A lesson in not waiting for permission

The Transition Network (and Transition Towns)  exist because governments are too slow to respond to the need for urgent change. Community action can fill the void, and the town of Todmorden in West Yorkshire proves the case in point. All you need is a group of people with passion and vision and the will to plant in every scrap of land and teach one another the how and why of growing food. Check out the Incredible Edible Todmorden website, but first watch this inspiring TED talk.

Wendell Berry: “It All Turns on Affection”

By now all thoughtful people have begun to feel our eligibility to be instructed by ecological disaster and mortal need. But we endangered ourselves first of all by dismissing affection as an honourable and necessary motive.

Our decision in the middle of the last century to reduce the farm population, eliminating the allegedly inefficient small farmers was enabled by the discounting of affection. As a result, we now have barely enough farmers to keep the land in production with the help of increasingly expensive industrial technology and at an increasingly ecological and social cost.

Wendell Berry is known to many of us in many ways, whether as farmer, poet, novelist, essayist or land activist. I recommend taking the time to listen to his no-holds-barred Jefferson Lecture, in which he urges us to restore affection – for our land, neighbours and community – in order to attend to matters crucial for human survival.

The lecture is a powerful and compassionate analysis of our times. Such words as these struck me:

Now the two great aims of the industrialism, the replacement of people with technology and concentration of wealth into the hands of a small plutocracy, seem close to fulfillment. At the same time, the failures of industrialism have become too great and too dangerous to deny.

Corporate industrialism itself has exposed the falsehood that it ever was inevitable or that it ever has given precedence to the common good. It has failed to sustain the health and stability of human society. Among its characteristic signs are destroyed communities, neighbourhoods, families, small businesses and small farms. It has failed just as conspicuously and more dangerously to sustain the health and wealth of nature.

And these:

The losses and damages characteristic of our present economy certainly cannot be stopped, let alone restored, by liberal or conservative tweakings of corporate industrialism, against which the ancient imperatives of good care, home-making and frugality can have no standing.

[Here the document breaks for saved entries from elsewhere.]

-- ===== src/Pipeline/Executor/Workers/Steps.antt =====
-- Every step of a thread of src/pipeline/pipeline_executor.cpp is one of the moves.
use io_uring_async_load_proc.Prelude.{◌≡◌, refl, subst, Option, none, some}
use io_uring_async_load_proc.Config.{PipelineConfig}
use io_uring_async_load_proc.Pipeline.Channel.Answers.{send-Sends, receive-Receives}
use io_uring_async_load_proc.Pipeline.Executor.Workers.State.{
  Environment, Worker, active, raised, fails_first, fails_second, failed, returned, ReaderState,
  acquires, reads, leaves, ProcessorState, closes, processes, WriterState, writes, Thread,
  reader_thread, processor_thread, writer_thread,
}
use io_uring_async_load_proc.Pipeline.Executor.Workers.Blocks.{new_block}
use io_uring_async_load_proc.Pipeline.Executor.Workers.Loops.{
  unwind, advance_reader, advance_processor, advance_writer, place_reader, place_processor,
  place_writer, step,
}
use io_uring_async_load_proc.Pipeline.Executor.Workers.Queues.{channel_calls}
use io_uring_async_load_proc.Pipeline.Executor.Workers.Moves.{
  ChannelRun, caught, broke_first, broke_second, Moves, reader_left, reader_unwinds, closed_output,
  processor_unwinds, writer_unwinds,
}
use io_uring_async_load_proc.Pipeline.Executor.Workers.Pieces.{
  ReaderMoves, ProcessorMoves, WriterMoves, on_acquire-Moves, on_read-Moves, reader_push-Moves,
  processor_push-Moves, processor_pop-Moves, writer_pop-Moves, on_process-Moves, on_write-Moves,
}

module _ (c : PipelineConfig) (e : Environment) where
  open e use {read, process, write}

  module _ (s : ChannelRun c e) where
    advance_reader-Moves :
        (w : Worker ReaderState)
        → s.reader ≡ w
        → ReaderMoves c e s (advance_reader channel_calls c e w s)
    unfolding advance_reader unwind
    advance_reader-Moves (active (acquires i o)) r = on_acquire-Moves c e s i o s.available r refl
    advance_reader-Moves (active (reads i o)) r = on_read-Moves c e s i o (read i o) r refl
    advance_reader-Moves (active (ReaderState.pushes i o bytes)) r =
        reader_push-Moves c e s i o bytes _ r (send-Sends s.read_to_process (new_block i o bytes))
    advance_reader-Moves (active leaves) r = reader_left r
    advance_reader-Moves (raised x) r = reader_unwinds _ _ _ r (caught x)
    advance_reader-Moves (fails_first x) r = reader_unwinds _ _ _ r (broke_first x)
    advance_reader-Moves (fails_second x) r = reader_unwinds _ _ _ r (broke_second x)
    advance_reader-Moves failed r = tt
    advance_reader-Moves returned r = tt

    advance_processor-Moves :
        (w : Worker ProcessorState)
        → s.processor ≡ w
        → ProcessorMoves c e s (advance_processor channel_calls c e w s)
    unfolding advance_processor unwind
    advance_processor-Moves (active ProcessorState.pops) r =
        processor_pop-Moves c e s _ r (receive-Receives s.read_to_process)
    advance_processor-Moves (active (processes item)) r = on_process-Moves c e s item _ r refl
    advance_processor-Moves (active (ProcessorState.pushes item)) r =
        processor_push-Moves c e s item _ r (send-Sends s.process_to_write item)
    advance_processor-Moves (active closes) r = closed_output r
    advance_processor-Moves (raised x) r = processor_unwinds _ _ _ r (caught x)
    advance_processor-Moves (fails_first x) r = processor_unwinds _ _ _ r (broke_first x)
    advance_processor-Moves (fails_second x) r = processor_unwinds _ _ _ r (broke_second x)
    advance_processor-Moves failed r = tt
    advance_processor-Moves returned r = tt

    advance_writer-Moves :
        (w : Worker WriterState)
        → s.writer ≡ w
        → WriterMoves c e s (advance_writer channel_calls c e w s)
    unfolding advance_writer unwind
    advance_writer-Moves (active WriterState.pops) r =
        writer_pop-Moves c e s _ r (receive-Receives s.process_to_write)
    advance_writer-Moves (active (writes item)) r = on_write-Moves c e s item _ r refl
    advance_writer-Moves (raised x) r = writer_unwinds _ _ _ r (caught x)
    advance_writer-Moves (fails_first x) r = writer_unwinds _ _ _ r (broke_first x)
    advance_writer-Moves (fails_second x) r = writer_unwinds _ _ _ r (broke_second x)
    advance_writer-Moves failed r = tt
    advance_writer-Moves returned r = tt

    -- A step of a thread is a move.
    pub step-Moves :
        (t : Thread) (s' : ChannelRun c e) → step channel_calls c e t s ≡ some s' → Moves c e s s'
    unfolding step
    step-Moves reader_thread s' h = placed _ (advance_reader-Moves s.reader refl) h
      where
        placed :
            (n : Option (Worker ReaderState × ChannelRun c e))
            → ReaderMoves c e s n
            → place_reader channel_calls c e n ≡ some s'
            → Moves c e s s'
        placed none m h = cc
        placed (some (w, s₁)) m h =
            let same : record s₁ { reader = w } ≡ s' = cc in subst (Moves c e s) same m
    step-Moves processor_thread s' h = placed _ (advance_processor-Moves s.processor refl) h
      where
        placed :
            (n : Option (Worker ProcessorState × ChannelRun c e))
            → ProcessorMoves c e s n
            → place_processor channel_calls c e n ≡ some s'
            → Moves c e s s'
        placed none m h = cc
        placed (some (w, s₁)) m h =
            let same : record s₁ { processor = w } ≡ s' = cc in subst (Moves c e s) same m
    step-Moves writer_thread s' h = placed _ (advance_writer-Moves s.writer refl) h
      where
        placed :
            (n : Option (Worker WriterState × ChannelRun c e))
            → WriterMoves c e s n
            → place_writer channel_calls c e n ≡ some s'
            → Moves c e s s'
        placed none m h = cc
        placed (some (w, s₁)) m h =
            let same : record s₁ { writer = w } ≡ s' = cc in subst (Moves c e s) same m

The possibility of authentic correction comes I think from two already evident causes.The first is scarcity, and other serious problems arising from industrial abuses of the land community.

A positive cause still little noticed by high officials and the media is the by now well-established effort to build or rebuild local economies, starting with economies of food. This effort to connect cities with their surrounding rural landscapes rests exactly upon the recognition of human limits and the necessity of human scale. Its purpose to the extent possible is to bring producers and consumers, causes and effects, back within the bounds of neighbourhood, which is to say the effective reach of imagination, sympathy, affection and all else, including enough food, that neighbourhood implies.